The solar panels were produced from scrap gallium arsenide cells using a well documented production process. As a result, they costed 35 times less than comparably powerful off-the-shelf panels. The panels made up 5 sides of the CubeSat, and were made up of varying configuration of Triangular Advanced Solar Cells and TrisolX cells. As a result of the former manufacturer going out of business during development, only the top and bottom panels on EQUiSat contain these cells. The other three panels used the TrisolX cells. 24 cells in a 4S6P configuration, and three side panels contained 20 cells in a 4S5P configuration. The top and bottom panels were designed to output 8.76V at 140–170 mA for an average output power of just over 1.3 W in full sunlight. The other panels output a similar voltage for roughly .5-.7W power.

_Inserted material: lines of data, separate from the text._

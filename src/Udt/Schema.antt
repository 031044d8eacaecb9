-- ===== src/Udt/Schema.antt =====
-- `ParseUdtSchema` of libs/libkv8/src/UdtSchemaParser.cpp. Its three nested loops are on fuel; each
-- round takes a byte of the input, so that the length of the input is enough.
use kv8_metrics.Prelude.{
  ℕ, zero, suc, ◌+◌, ◌%◌, ◌^◌, Bool, true, false, not, ◌||◌, Option, none, some, List, [], ◌∷◌,
  ◌++◌, map, length, ◌==◌, if◌then◌else◌,
}
use kv8_metrics.Prelude.Bytes.{Bytes, codes}
use kv8_metrics.Prelude.Assoc.{find, bytes_beq, bytes_eq}
use kv8_metrics.Udt.Outcome.{
  Outcome, Parser, pure, bind, run, ◌>>=◌, ◌>>◌, done, failed, out_of_fuel, empty_schema,
  end_of_object, end_of_fields, missing_field_key, missing_name, missing_fields, unknown_type,
}
use kv8_metrics.Udt.Types.{FieldType, SchemaField, ResolvedSchema, wire_size, parse_type_token}
use kv8_metrics.Udt.Json.{skip_ws, consume, read_string, read_number, skip_value, skip_comma}

-- The locals of the loop over the members of one field object.
pub record FieldObject : Type 0 where
  pub field_name : Bytes
  pub type_tok : Bytes
  pub disp_name : Bytes
  pub fmin : ℕ
  pub fmax : ℕ
  pub got_fn : Bool
  pub got_ft : Bool

abbrev pub no_members : FieldObject
no_members = record {
  field_name = [];
  type_tok = [];
  disp_name = [];
  fmin = 0;
  fmax = 0;
  got_fn = false;
  got_ft = false;
}

-- The locals of `ParseUdtSchema`.
pub record SchemaObject : Type 0 where
  pub schema_name : Bytes
  pub raw_fields : List SchemaField
  pub got_name : Bool
  pub got_fields : Bool

-- The field that the object of a primitive field stands for.
unfoldable pub primitive_field : FieldObject → FieldType → SchemaField
primitive_field o t = record {
  name = o.field_name;
  display_name = o.disp_name;
  type = t;
  offset = 0;
  min_val = o.fmin;
  max_val = o.fmax;
}

unfoldable pub embedded_field : Bytes → SchemaField → SchemaField
embedded_field prefix f = record f { name = prefix ++ codes "." ++ f.name; offset = 0 }

module _ (known : List (Bytes × ResolvedSchema)) where
  -- What an object appends to `raw_fields`.
  unfoldable pub field_entries : FieldObject → Outcome (List SchemaField)
  unfolding primitive_field embedded_field parse_type_token find
  field_entries o =
      if not o.got_fn || not o.got_ft
      then failed missing_field_key
      else elim (parse_type_token o.type_tok) [
        | some t ↦ done (primitive_field o t ∷ [])
        | none ↦ elim (find o.type_tok known) [
          | none ↦ failed (unknown_type o.type_tok)
          | some embedded ↦ done (map (embedded_field o.field_name) embedded.fields)
        ]
      ]

module _ (strtod : Bytes → Option (ℕ × Bytes)) where
  -- The value of the member `key` of a field object.
  unfoldable pub read_member : Bytes → FieldObject → Parser FieldObject
  unfolding read_string read_number skip_value
  read_member key o =
      if bytes_beq key (codes "n")
      then (do v ← read_string; pure (record o { field_name = v; got_fn = true }))
      else if bytes_beq key (codes "d")
      then (do v ← read_string; pure (record o { disp_name = v }))
      else if bytes_beq key (codes "t")
      then (do v ← read_string; pure (record o { type_tok = v; got_ft = true }))
      else if bytes_beq key (codes "min")
      then (do v ← read_number strtod; pure (record o { fmin = v }))
      else if bytes_beq key (codes "max")
      then (do v ← read_number strtod; pure (record o { fmax = v }))
      else (do skip_value; pure o)

  -- The loop over the members, behind the '{'. At the end of the input it stops without an error.
  unfoldable pub read_members : ℕ → FieldObject → Parser FieldObject
  unfolding skip_ws read_string consume read_member skip_comma
  read_members zero o s = out_of_fuel
  read_members (suc fuel) o s =
      let more = run (skip_ws s) do
        key ← read_string
        consume b':'
        o' ← read_member key o
        λ rest. read_members fuel o' (skip_comma rest)
      in elim (skip_ws s) [
        | [] ↦ done (o, [])
        | c ∷ rest ↦ if c == b'}' then done (o, rest) else more
      ]

  module _ (known : List (Bytes × ResolvedSchema)) where
    -- The loop over the field objects, behind the '['.
    unfoldable pub read_fields : ℕ → List SchemaField → Parser (List SchemaField)
    unfolding skip_ws consume read_members skip_comma field_entries
    read_fields zero raw s = out_of_fuel
    read_fields (suc fuel) raw s =
        let more = run (skip_ws s) do
          consume b'{'
          o ← read_members fuel no_members
          λ rest.
              bind (field_entries known o)
                λ entries. read_fields fuel (raw ++ entries) (skip_comma rest)
        in elim (skip_ws s) [
          | [] ↦ failed end_of_fields
          | c ∷ rest ↦ if c == b']' then done (raw, rest) else more
        ]

    -- The value of the member `key` of the schema object.
    unfoldable pub read_entry : ℕ → Bytes → SchemaObject → Parser SchemaObject
    unfolding read_string consume read_fields skip_value
    read_entry fuel key o =
        if bytes_beq key (codes "name")
        then (do v ← read_string; pure (record o { schema_name = v; got_name = true }))
        else if bytes_beq key (codes "fields")
        then (do
          consume b'['
          raw ← read_fields fuel o.raw_fields
          pure (record o { raw_fields = raw; got_fields = true }))
        else (do skip_value; pure o)

    -- The loop over the members of the schema object.
    unfoldable pub read_entries : ℕ → SchemaObject → Parser SchemaObject
    unfolding skip_ws read_string consume read_entry skip_comma
    read_entries zero o s = out_of_fuel
    read_entries (suc fuel) o s =
        let more = run (skip_ws s) do
          key ← read_string
          consume b':'
          o' ← read_entry fuel key o
          λ rest. read_entries fuel o' (skip_comma rest)
        in elim (skip_ws s) [
          | [] ↦ failed end_of_object
          | c ∷ rest ↦ if c == b'}' then done (o, rest) else more
        ]

-- The offsets of the fields, from `offset` on, and the offset behind the last one: `uint16_t`.
unfoldable pub assign_offsets : ℕ → List SchemaField → List SchemaField × ℕ
unfolding wire_size
assign_offsets offset [] = ([], offset)
assign_offsets offset (f ∷ fs) =
    let (placed, end_offset) = assign_offsets ((offset + wire_size f.type) % 2 ^ 16) fs in
    (record f { offset = offset } ∷ placed, end_offset)

-- `out` as it is filled in at the end; `dwHash` is left to the caller.
unfoldable pub resolve_fields : Bytes → List SchemaField → ResolvedSchema
unfolding assign_offsets
resolve_fields name raw =
    let (placed, size) = assign_offsets 0 raw in
    record { schema_name = name; hash = 0; payload_size = size; fields = placed }

-- Behind the loop.
unfoldable pub finish_schema : SchemaObject → Outcome ResolvedSchema
unfolding resolve_fields
finish_schema o =
    if not o.got_name
    then failed missing_name
    else if not o.got_fields
    then failed missing_fields
    else done (resolve_fields o.schema_name o.raw_fields)

unfoldable pub read_schema :
    (strtod : Bytes → Option (ℕ × Bytes))
    → List (Bytes × ResolvedSchema)
    → Bytes
    → Outcome (SchemaObject × Bytes)
unfolding consume read_entries
read_schema strtod known json = run json do
  consume b'{'
  read_entries strtod known (suc (length json))
      (record { schema_name = []; raw_fields = []; got_name = false; got_fields = false })

unfoldable pub parse_udt_schema :
    (strtod : Bytes → Option (ℕ × Bytes))
    → List (Bytes × ResolvedSchema)
    → Bytes
    → Outcome ResolvedSchema
unfolding read_schema finish_schema
parse_udt_schema strtod known [] = failed empty_schema
parse_udt_schema strtod known (c ∷ s) =
    bind (read_schema strtod known (c ∷ s)) λ (o, _). finish_schema o
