-- ===== src/Registry/Virtual.antt =====
-- The rest of `DiscoverSessions` of libs/libkv8/src/Kv8Consumer.cpp behind the scan: a virtual counter
-- for each field of each feed, the removal of the deleted sessions, and the call sites.
use kv8_metrics.Prelude.{
  ℕ, suc, ◌+◌, ◌*◌, ◌%◌, ◌^◌, true, false, not, ◌&&◌, Option, none, some, List, [], ◌∷◌, ◌++◌, map,
  ltb, if◌then◌else◌,
}
use Prim.Native.Nat.{bit_and}
use kv8_metrics.Prelude.Bytes.{Bytes, codes}
use kv8_metrics.Prelude.Assoc.{find, assign, member, bytes_eq, nat_eq}
use kv8_metrics.Udt.Types.{SchemaField, ResolvedSchema}
use kv8_metrics.Udt.Decode.{field_code}
use kv8_metrics.Wire.LogSite.{LogSiteInfo}
use kv8_metrics.Registry.{CounterMeta, SessionMeta, Scan, push_back, is_empty}
use kv8_metrics.Registry.Ordered.{in_key_order, bytes_less}
use kv8_metrics.Registry.Resolve.{resolve_schemas}

-- `fallbackFreq`, `fallbackTimer`, `fallbackHi` and `fallbackLo`.
pub record Timing : Type 0 where
  pub frequency : ℕ
  pub timer_value : ℕ
  pub time_hi : ℕ
  pub time_lo : ℕ

unfoldable pub or_zero : Option ℕ → ℕ
or_zero none = 0
or_zero (some v) = v

-- The timing of the first topic that has a frequency.
unfoldable pub first_timing : List (Bytes × ℕ) → SessionMeta → Timing
unfolding find or_zero
first_timing [] sm = record { frequency = 0; timer_value = 0; time_hi = 0; time_lo = 0 }
first_timing ((topic, frequency) ∷ _) sm = record {
  frequency = frequency;
  timer_value = or_zero (find topic sm.topic_to_timer_value);
  time_hi = or_zero (find topic sm.topic_to_time_hi);
  time_lo = or_zero (find topic sm.topic_to_time_lo);
}

unfoldable pub fallback_timing : SessionMeta → Timing
unfolding first_timing in_key_order bytes_less
fallback_timing sm = first_timing (in_key_order bytes_less sm.topic_to_frequency) sm

-- The feeds with a schema in one bucket, and in all of them.
unfoldable pub feeds_of : ℕ → List CounterMeta → List (ℕ × CounterMeta)
unfolding is_empty
feeds_of hash [] = []
feeds_of hash (cm ∷ cms) =
    let more = feeds_of hash cms in
    if cm.is_udt_feed && not (is_empty cm.schema_json) then (hash, cm) ∷ more else more

unfoldable pub udt_feeds : List (ℕ × List CounterMeta) → List (ℕ × CounterMeta)
unfolding feeds_of
udt_feeds [] = []
udt_feeds ((hash, cms) ∷ m) = feeds_of hash cms ++ udt_feeds m

-- `idBase + (fIdx & 0x3F)`
unfoldable pub virtual_id : (fi field_index : ℕ) → ℕ
virtual_id fi field_index =
    ((0x1000 + bit_and fi 0x3F * 2 ^ 6) % 2 ^ 16 + bit_and field_index 0x3F) % 2 ^ 16

unfoldable pub virtual_counter :
    (fi : ℕ) → CounterMeta → (field_index : ℕ) → SchemaField → CounterMeta
unfolding virtual_id field_code
virtual_counter fi feed field_index f = record {
  name = feed.name ++ codes "/" ++ f.name;
  counter_id = virtual_id fi field_index;
  flags = 1;
  min_bits = f.min_val;
  alarm_min = f.min_val;
  max_bits = f.max_val;
  alarm_max = f.max_val;
  data_topic = feed.data_topic;
  is_udt_feed = false;
  schema_hash = 0;
  schema_json = [];
  is_virtual_field = true;
  field_offset = f.offset;
  field_type = field_code f.type;
  display_name = f.display_name;
}

-- The loop over the fields, from `field_index` on.
unfoldable pub push_fields :
    (hash fi : ℕ)
    → CounterMeta
    → (field_index : ℕ) → List SchemaField
    → List (ℕ × List CounterMeta)
    → List (ℕ × List CounterMeta)
unfolding virtual_counter push_back
push_fields hash fi feed field_index [] buckets = buckets
push_fields hash fi feed field_index (f ∷ fs) buckets =
    push_fields hash fi feed (suc field_index) fs
      (push_back hash (virtual_counter fi feed field_index f) buckets)

-- Timing for the topic of a feed, when it has none.
unfoldable pub copy_timing : Timing → Bytes → SessionMeta → SessionMeta
unfolding find assign
copy_timing t topic sm =
    let copied = record sm {
      topic_to_frequency = assign topic t.frequency sm.topic_to_frequency;
      topic_to_timer_value = assign topic t.timer_value sm.topic_to_timer_value;
      topic_to_time_hi = assign topic t.time_hi sm.topic_to_time_hi;
      topic_to_time_lo = assign topic t.time_lo sm.topic_to_time_lo;
    } in
    if ltb 0 t.frequency
    then elim (find topic sm.topic_to_frequency) [ none ↦ copied | some _ ↦ sm ]
    else sm

unfoldable pub add_group : ℕ → Bytes → SessionMeta → SessionMeta
unfolding find assign
add_group hash name sm = record sm {
  hash_to_group = elim (find hash sm.hash_to_group) [
    | none ↦ assign hash name sm.hash_to_group
    | some _ ↦ sm.hash_to_group
  ];
}

-- The body of the loop over the feeds, for a feed whose schema has fields.
unfoldable pub add_fields :
    Timing → ℕ → ℕ × CounterMeta → List SchemaField → SessionMeta → SessionMeta
unfolding add_group copy_timing push_fields
add_fields t fi (hash, feed) fields sm =
    let timed = copy_timing t feed.data_topic (add_group hash feed.name sm) in
    record timed { hash_to_counters = push_fields hash fi feed 0 fields timed.hash_to_counters }

-- `if (rs.fields.empty()) continue;`
unfoldable pub add_schema :
    Timing → ℕ → ℕ × CounterMeta → List SchemaField → SessionMeta → SessionMeta
unfolding add_fields
add_schema t fi feed [] sm = sm
add_schema t fi feed (f ∷ fs) sm = add_fields t fi feed (f ∷ fs) sm

-- `if (sit == hashToResolved.end()) continue;`
unfoldable pub add_feed :
    Timing → List (ℕ × ResolvedSchema) → ℕ → ℕ × CounterMeta → SessionMeta → SessionMeta
unfolding find add_schema
add_feed t resolved fi (hash, feed) sm = elim (find hash resolved) [
  | none ↦ sm
  | some r ↦ add_schema t fi (hash, feed) r.fields sm
]

unfoldable pub add_feeds :
    Timing → List (ℕ × ResolvedSchema) → ℕ → List (ℕ × CounterMeta) → SessionMeta → SessionMeta
unfolding add_feed
add_feeds t resolved fi [] sm = sm
add_feeds t resolved fi (feed ∷ feeds) sm =
    add_feeds t resolved (suc fi) feeds (add_feed t resolved fi feed sm)

-- The body of the loop over the sessions.
unfoldable pub add_virtual : List (ℕ × ResolvedSchema) → SessionMeta → SessionMeta
unfolding fallback_timing udt_feeds add_feeds in_key_order
add_virtual resolved sm =
    add_feeds (fallback_timing sm) resolved 0 (udt_feeds (in_key_order ltb sm.hash_to_counters)) sm

-- `sessions.erase(prefix)` for each deleted one.
unfoldable pub surviving : List Bytes → List (Bytes × SessionMeta) → List (Bytes × SessionMeta)
unfolding member
surviving deleted [] = []
surviving deleted ((prefix, sm) ∷ m) =
    let more = surviving deleted m in if member prefix deleted then more else (prefix, sm) ∷ more

-- `if (!channelLogSites.empty()) kv.second.logSites = channelLogSites;`
unfoldable pub with_sites : List (ℕ × LogSiteInfo) → SessionMeta → SessionMeta
with_sites [] sm = sm
with_sites (site ∷ sites) sm = record sm { log_sites = site ∷ sites }

-- Nothing is made up when no schema was read.
unfoldable pub synthesized :
    List (ℕ × Bytes)
    → List (ℕ × ResolvedSchema)
    → List (Bytes × SessionMeta)
    → List (Bytes × SessionMeta)
unfolding add_virtual
synthesized [] resolved sessions = sessions
synthesized (_ ∷ _) resolved sessions =
    map (λ (prefix, sm). (prefix, add_virtual resolved sm)) sessions

-- `DiscoverSessions` behind the scan.
unfoldable pub finish_scan :
    (strtod : Bytes → Option (ℕ × Bytes)) → Scan → List (Bytes × SessionMeta)
unfolding resolve_schemas synthesized surviving with_sites
finish_scan strtod st =
    let resolved = (resolve_schemas strtod st.schemas).hash_to_resolved in
    map (λ (prefix, sm). (prefix, with_sites st.sites sm))
      (surviving st.deleted (synthesized st.schemas resolved st.sessions))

EQUiSat contained two sets of batteries: one to power the flash system and another to power the radio system and microcontrollers. The batteries that powered the flash were A123 System 18650 LiFePO_{4} cells in a 2S2P configuration. The batteries that powered the radio and microcontroller were two LIR2450 lithium-ion rechargeable coin cell batteries in parallel. EQUiSat alternated between battery systems, with priority going to the LIR2450 batteries first.

=== Structure ===
The chassis and other components were manufactured in-house to maximize cost accessibility. The chassis was milled from a solid block of Al 6061 using a three-axis CNC mill, lathe and taps. This provided the body of EQUiSat and the fastening points for all components. In addition, the block to securely place the six batteries in was milled out of Delrin. Perfecting the manufacturing process was done using machinable wax, to reduce material waste.

The chassis, along with other machined components and the complete assembly, was designed in CAD software. The CNC toolpaths and G-code were produced from these files.